# [Goal of the exercise]
Pull from the data below each line where the word "ValidDatabase" occurs, and copy it.

# [Source data]
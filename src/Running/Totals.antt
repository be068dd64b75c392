-- ===== src/Running/Totals.antt =====
-- What raises nothing in a batch of src/agentlen/application/use_cases/run_import.py, or only what the
-- database refuses: references are resolved, and rows inserted, in valid tables.
use agent_len.Base.{ℕ, ◌≡◌, refl, true}
use agent_len.Base.{List, [], ◌∷◌, ok}
use agent_len.Base.{arith, All, nat_eq}
use agent_len.Base.{inl, inr, Option-cases}
use agent_len.Base.Dict.{Dict, lookup, insert}
use agent_len.Base.{string_eq, pair_eq, list_eq, int_eq}
use agent_len.Base.{err, ◌⊎◌}
use agent_len.Python.{database_error}
use agent_len.Normalizer.Entities.{ReferenceRequest}
use agent_len.Storage.Table.{IsValid}
use agent_len.Storage.Candidates.{is_present}
use agent_len.Storage.Outcome.{ids}
use agent_len.Storage.Sessions.Settled.{add_sessions-SessionsHeld}
use agent_len.Storage.Sessions.Repeated.{add_sessions-Late}
use agent_len.Storage.Calls.{add_many_model_calls, add_many_tool_calls}
use agent_len.Storage.Calls.{
  model_entity, model_columns, model_call_width, tool_entity, tool_columns,
}
use agent_len.Storage.Calls.{tool_call_width}
use agent_len.Storage.Calls.Accounted.{add_calls-Accounted}
use agent_len.Storage.Records.{RawRecordTable}
use agent_len.Storage.Sessions.{session_constraints}
use agent_len.Storage.Calls.{model_constraints, tool_constraints}
use agent_len.Running.Batch.{referents}
use agent_len.Storage.Referentials.{Referentials, resolve}
use agent_len.Storage.Referentials.Total.{ValidReferentials, resolve-Resolved}
use agent_len.Running.References.{Resolution, request_key, to_dict, resolve_one, resolve_all}
use agent_len.Running.References.{kind_eq}
use agent_len.Running.Rows.{BatchRows}
use agent_len.Running.Batch.{Database, Inserted}
use agent_len.Running.Batch.{insert_rows, duplicate_rows}
use agent_len.Running.Apart.{Apart, Rising-Distinct}

-- Valid tables.
pub record ValidDatabase (db : Database) : Type 0 where
  pub raw_records : IsValid db.raw_records
  pub sessions : IsValid db.sessions
  pub model_calls : IsValid db.model_calls
  pub tool_calls : IsValid db.tool_calls
  pub referentials : ValidReferentials db.referentials

-- Resolving references in valid tables raises nothing.
pub resolve_all-total :
    (requests : List ReferenceRequest) (r : Resolution Referentials)
    → ValidReferentials r.state
    → (next : Resolution Referentials) × (resolve_all resolve requests r ≡ ok next)
      × ValidReferentials next.state
unfolding resolve_all resolve_one
resolve_all-total [] r h = (r, refl, h)
resolve_all-total (q ∷ requests) r h = elim (Option-cases (lookup (request_key q) r.cache)) [
  | inr (id, is) ↦
      let (next, ran, valid) =
        resolve_all-total requests (record r { resolved = insert (request_key q) id r.resolved })
          h in
      (next, rw (is, resolve_one) ran, valid)
  | inl missing ↦
      let (id, after, ran, done) =
        resolve-Resolved q.kind q.name (to_dict [] q.context) r.state h in
      let (next, rest, valid) =
        resolve_all-total requests
          (record {
            resolved = insert (request_key q) id r.resolved;
            cache = insert (request_key q) id r.cache;
            state = after;
          })
          done.valid in
      (next, rw (missing, resolve_one, ran) rest, valid)
]

duplicate_rows-total :
    (entities : List ℕ) (existing : Dict ℕ ℕ)
    → All (λ u. is_present (lookup u existing) ≡ true) entities
    → (rows : List ℕ) × (duplicate_rows entities existing ≡ ok rows)
unfolding duplicate_rows
duplicate_rows-total [] existing h = ([], refl)
duplicate_rows-total (u ∷ us) existing h = elim (Option-cases (lookup u existing)) [
  | inl lost ↦ absurd (cc (lost, h.0))
  | inr (row, is) ↦
      let (rows, ran) = duplicate_rows-total us existing h.1 in (row ∷ rows, rw (is, ran) refl)
]

-- The tables that the rows go into.
pub record ValidAfter (done : Inserted) : Type 0 where
  pub sessions : IsValid done.sessions.1
  pub models : IsValid done.models.1
  pub tools : IsValid done.tools.1

-- An insertion of rows of different entities goes through, or a constraint refuses a row.
pub insert_rows-total :
    (rows : BatchRows) (raw : RawRecordTable) (references : Referentials) (db : Database)
    (low high : ℕ)
    → Apart low high rows
    → ValidDatabase db
    → ((done : Inserted) × (insert_rows rows raw references db ≡ ok done) × ValidAfter done)
      ⊎ (insert_rows rows raw references db ≡ err database_error)
unfolding insert_rows add_many_model_calls add_many_tool_calls
insert_rows-total rows raw references db low high apart h =
    let first = session_constraints db.server (referents raw references db.sessions) in
    elim (add_sessions-SessionsHeld first rows.sessions db.sessions h.sessions
      (Rising-Distinct low high _ apart.sessions)) [
        | inr (_, refused) ↦ inr (rw refused refl)
        | inl (_, (s_out, s_table, s_ran, s_valid, s_held)) ↦
            let held = referents raw references s_table in
            elim (add_calls-Accounted model_entity model_columns model_call_width
              (model_constraints db.server held) rows.model_calls (ids s_out) db.model_calls
              (omega arith, omega arith) h.model_calls (Rising-Distinct low high _ apart.models)) [
                | inr (_, refused) ↦ inr (rw (s_ran, refused) refl)
                | inl (_, (m_out, m_table, m_ran, m_valid, m_held, m_counted)) ↦
                    elim (add_calls-Accounted tool_entity tool_columns tool_call_width
                      (tool_constraints db.server held) rows.tool_calls (ids s_out) db.tool_calls
                      (omega arith, omega arith) h.tool_calls
                      (Rising-Distinct low high _ apart.tools)) [
                        | inr (_, refused) ↦ inr (rw (s_ran, m_ran, refused) refl)
                        | inl (_, (t_out, t_table, t_ran, t_valid, t_held, t_counted)) ↦
                            let (existing, d_ran) =
                              duplicate_rows-total s_out.duplicates s_out.existing
                                (add_sessions-Late first rows.sessions db.sessions s_ran) in
                            inl (
                              record {
                                sessions = (s_out, s_table);
                                models = (m_out, m_table);
                                tools = (t_out, t_table);
                                existing = existing;
                              },
                              rw (s_ran, m_ran, t_ran, d_ran) refl,
                              record { sessions = s_valid; models = m_valid; tools = t_valid },
                            )
                      ]
              ]
      ]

# [Written response]
pub record ValidDatabase (db : Database) : Type 0 where
    → ValidDatabase db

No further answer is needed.